- Source records
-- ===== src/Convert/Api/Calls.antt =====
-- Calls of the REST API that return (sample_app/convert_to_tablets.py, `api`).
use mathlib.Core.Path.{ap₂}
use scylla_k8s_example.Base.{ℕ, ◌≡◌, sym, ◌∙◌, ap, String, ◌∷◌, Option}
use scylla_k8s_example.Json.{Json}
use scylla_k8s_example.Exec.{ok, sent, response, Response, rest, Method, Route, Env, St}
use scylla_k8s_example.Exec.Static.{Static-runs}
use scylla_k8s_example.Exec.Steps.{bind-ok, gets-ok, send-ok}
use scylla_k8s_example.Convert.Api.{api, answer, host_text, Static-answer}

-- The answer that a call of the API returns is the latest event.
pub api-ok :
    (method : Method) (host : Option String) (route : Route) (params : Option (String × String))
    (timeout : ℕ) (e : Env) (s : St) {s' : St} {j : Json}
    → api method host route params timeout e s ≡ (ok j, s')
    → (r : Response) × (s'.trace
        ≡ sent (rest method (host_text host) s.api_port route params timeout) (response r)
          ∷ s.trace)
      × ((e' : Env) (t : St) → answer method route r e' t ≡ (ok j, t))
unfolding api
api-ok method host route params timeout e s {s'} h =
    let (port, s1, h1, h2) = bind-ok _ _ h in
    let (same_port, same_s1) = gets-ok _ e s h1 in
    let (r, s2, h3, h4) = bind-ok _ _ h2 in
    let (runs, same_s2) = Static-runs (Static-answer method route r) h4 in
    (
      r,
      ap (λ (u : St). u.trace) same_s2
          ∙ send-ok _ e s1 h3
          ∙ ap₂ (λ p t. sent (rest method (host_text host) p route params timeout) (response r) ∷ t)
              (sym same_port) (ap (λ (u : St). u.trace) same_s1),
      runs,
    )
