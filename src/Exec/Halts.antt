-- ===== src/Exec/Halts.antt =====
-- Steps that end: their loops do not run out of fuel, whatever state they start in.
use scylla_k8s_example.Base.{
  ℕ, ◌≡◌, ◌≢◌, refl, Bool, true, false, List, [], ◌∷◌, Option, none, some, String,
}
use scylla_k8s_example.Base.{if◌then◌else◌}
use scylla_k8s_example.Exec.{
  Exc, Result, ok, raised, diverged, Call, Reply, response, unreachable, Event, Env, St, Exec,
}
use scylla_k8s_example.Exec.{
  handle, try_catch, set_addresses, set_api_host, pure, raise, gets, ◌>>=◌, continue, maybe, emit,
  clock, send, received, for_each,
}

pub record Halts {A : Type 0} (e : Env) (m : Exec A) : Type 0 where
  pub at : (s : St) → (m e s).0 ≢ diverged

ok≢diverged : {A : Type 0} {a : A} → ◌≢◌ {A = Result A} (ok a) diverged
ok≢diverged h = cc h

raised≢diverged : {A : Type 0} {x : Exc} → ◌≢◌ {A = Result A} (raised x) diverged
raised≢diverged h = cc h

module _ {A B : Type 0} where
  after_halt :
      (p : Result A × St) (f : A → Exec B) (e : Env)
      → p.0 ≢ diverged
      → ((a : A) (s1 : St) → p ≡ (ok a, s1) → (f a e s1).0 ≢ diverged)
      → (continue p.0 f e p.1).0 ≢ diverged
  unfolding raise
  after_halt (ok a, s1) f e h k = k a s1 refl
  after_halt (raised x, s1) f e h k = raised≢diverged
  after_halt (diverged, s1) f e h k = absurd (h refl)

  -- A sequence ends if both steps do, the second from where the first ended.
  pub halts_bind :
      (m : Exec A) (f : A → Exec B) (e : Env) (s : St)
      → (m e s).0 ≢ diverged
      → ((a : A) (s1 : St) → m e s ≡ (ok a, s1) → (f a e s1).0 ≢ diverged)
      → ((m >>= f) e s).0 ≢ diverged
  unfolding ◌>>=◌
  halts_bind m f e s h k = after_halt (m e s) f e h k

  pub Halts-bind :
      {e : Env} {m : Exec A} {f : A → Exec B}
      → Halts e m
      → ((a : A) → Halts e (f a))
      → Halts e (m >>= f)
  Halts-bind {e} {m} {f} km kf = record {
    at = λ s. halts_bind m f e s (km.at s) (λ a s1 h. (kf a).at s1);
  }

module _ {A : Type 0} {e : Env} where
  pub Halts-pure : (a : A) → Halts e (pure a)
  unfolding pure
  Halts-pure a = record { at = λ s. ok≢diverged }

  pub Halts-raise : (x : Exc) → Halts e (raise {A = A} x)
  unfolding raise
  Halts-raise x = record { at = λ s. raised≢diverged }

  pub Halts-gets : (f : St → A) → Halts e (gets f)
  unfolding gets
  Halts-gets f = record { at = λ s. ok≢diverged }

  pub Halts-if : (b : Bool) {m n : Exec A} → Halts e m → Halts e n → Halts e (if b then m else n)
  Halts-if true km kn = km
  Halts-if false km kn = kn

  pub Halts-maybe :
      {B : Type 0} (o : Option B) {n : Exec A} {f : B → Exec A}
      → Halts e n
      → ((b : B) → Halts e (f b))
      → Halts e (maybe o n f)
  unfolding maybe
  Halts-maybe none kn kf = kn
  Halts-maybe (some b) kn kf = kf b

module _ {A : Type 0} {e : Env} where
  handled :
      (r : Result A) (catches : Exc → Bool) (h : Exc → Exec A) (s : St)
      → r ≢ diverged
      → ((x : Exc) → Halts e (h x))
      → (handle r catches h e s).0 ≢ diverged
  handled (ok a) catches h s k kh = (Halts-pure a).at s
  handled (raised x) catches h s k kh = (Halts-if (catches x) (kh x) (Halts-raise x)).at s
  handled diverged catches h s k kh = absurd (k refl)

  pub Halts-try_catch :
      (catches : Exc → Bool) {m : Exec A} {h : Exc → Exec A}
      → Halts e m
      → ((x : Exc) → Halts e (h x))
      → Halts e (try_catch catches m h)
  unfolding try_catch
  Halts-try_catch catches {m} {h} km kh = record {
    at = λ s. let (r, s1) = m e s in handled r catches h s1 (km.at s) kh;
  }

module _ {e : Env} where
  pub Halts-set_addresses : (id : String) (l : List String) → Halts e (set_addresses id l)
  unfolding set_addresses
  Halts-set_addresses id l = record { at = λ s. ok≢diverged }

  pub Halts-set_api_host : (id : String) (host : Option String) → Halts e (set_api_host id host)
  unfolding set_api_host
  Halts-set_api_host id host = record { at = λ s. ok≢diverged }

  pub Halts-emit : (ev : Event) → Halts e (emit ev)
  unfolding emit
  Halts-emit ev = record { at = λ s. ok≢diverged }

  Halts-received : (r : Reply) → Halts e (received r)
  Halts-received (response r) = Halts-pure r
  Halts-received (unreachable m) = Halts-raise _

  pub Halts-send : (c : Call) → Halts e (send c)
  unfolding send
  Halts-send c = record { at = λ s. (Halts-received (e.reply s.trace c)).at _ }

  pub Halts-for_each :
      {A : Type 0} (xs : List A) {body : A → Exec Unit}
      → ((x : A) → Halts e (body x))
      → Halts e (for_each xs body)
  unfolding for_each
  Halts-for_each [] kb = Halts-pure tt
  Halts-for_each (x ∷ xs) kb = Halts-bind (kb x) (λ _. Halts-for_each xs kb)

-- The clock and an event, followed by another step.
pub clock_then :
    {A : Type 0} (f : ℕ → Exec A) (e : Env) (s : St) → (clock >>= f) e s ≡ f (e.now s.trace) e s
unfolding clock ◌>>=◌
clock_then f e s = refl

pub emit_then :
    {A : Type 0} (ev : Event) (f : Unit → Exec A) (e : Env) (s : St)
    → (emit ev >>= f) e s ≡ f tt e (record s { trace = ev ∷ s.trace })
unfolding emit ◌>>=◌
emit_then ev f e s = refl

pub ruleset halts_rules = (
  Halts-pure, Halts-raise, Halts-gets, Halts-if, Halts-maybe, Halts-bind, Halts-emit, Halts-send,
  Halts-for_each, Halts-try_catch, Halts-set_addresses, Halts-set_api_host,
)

==

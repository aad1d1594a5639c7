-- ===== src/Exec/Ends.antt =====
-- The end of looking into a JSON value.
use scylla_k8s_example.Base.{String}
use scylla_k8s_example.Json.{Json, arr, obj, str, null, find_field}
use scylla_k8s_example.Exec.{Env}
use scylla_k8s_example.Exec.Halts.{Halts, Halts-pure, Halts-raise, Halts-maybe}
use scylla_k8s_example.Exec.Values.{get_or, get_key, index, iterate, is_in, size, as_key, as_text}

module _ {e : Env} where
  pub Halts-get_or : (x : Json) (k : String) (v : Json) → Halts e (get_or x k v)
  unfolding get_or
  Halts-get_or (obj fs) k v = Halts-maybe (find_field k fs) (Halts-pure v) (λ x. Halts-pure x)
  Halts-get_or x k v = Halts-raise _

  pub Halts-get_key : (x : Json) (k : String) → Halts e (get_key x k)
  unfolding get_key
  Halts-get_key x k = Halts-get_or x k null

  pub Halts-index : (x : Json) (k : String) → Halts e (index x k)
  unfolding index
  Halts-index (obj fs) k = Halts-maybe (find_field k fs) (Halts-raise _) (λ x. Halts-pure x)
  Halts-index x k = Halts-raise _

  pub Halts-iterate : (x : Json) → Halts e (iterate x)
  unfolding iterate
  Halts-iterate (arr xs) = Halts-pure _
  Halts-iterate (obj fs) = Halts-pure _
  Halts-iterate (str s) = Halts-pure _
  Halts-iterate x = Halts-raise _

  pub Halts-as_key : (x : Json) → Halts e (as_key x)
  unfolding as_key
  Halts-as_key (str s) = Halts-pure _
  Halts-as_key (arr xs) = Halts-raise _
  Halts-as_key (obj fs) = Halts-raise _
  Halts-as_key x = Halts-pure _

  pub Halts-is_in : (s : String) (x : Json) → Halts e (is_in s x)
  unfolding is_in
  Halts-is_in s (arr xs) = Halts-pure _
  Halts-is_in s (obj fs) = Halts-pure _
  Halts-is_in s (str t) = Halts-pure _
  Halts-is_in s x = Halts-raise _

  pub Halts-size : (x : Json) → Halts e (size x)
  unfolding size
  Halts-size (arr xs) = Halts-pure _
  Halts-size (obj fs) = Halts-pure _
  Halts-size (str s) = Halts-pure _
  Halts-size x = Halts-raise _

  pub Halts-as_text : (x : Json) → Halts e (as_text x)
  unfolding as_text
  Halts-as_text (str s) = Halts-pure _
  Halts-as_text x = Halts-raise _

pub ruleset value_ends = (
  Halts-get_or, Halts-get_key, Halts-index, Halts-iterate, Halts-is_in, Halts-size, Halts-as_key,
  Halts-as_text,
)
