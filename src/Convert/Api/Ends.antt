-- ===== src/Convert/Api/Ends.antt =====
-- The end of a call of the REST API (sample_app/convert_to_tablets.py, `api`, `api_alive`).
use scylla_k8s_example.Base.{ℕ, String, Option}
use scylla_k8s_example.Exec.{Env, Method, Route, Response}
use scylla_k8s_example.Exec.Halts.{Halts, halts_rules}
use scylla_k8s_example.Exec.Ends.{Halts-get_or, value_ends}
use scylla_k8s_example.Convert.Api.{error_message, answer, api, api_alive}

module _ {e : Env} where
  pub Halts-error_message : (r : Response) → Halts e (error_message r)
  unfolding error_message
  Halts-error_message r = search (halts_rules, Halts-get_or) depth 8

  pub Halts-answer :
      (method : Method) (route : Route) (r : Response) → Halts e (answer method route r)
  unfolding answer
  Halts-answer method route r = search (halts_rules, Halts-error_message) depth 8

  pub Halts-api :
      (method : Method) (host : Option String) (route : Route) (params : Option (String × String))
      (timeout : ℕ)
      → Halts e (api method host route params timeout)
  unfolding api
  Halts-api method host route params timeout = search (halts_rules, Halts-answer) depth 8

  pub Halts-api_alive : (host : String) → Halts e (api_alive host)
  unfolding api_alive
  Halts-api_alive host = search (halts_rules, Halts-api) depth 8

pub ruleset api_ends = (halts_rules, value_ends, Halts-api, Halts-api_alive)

- Instructions for the task
From the entries above, tally the lines that contain the string "else". Report the total and nothing more.

- Task response
2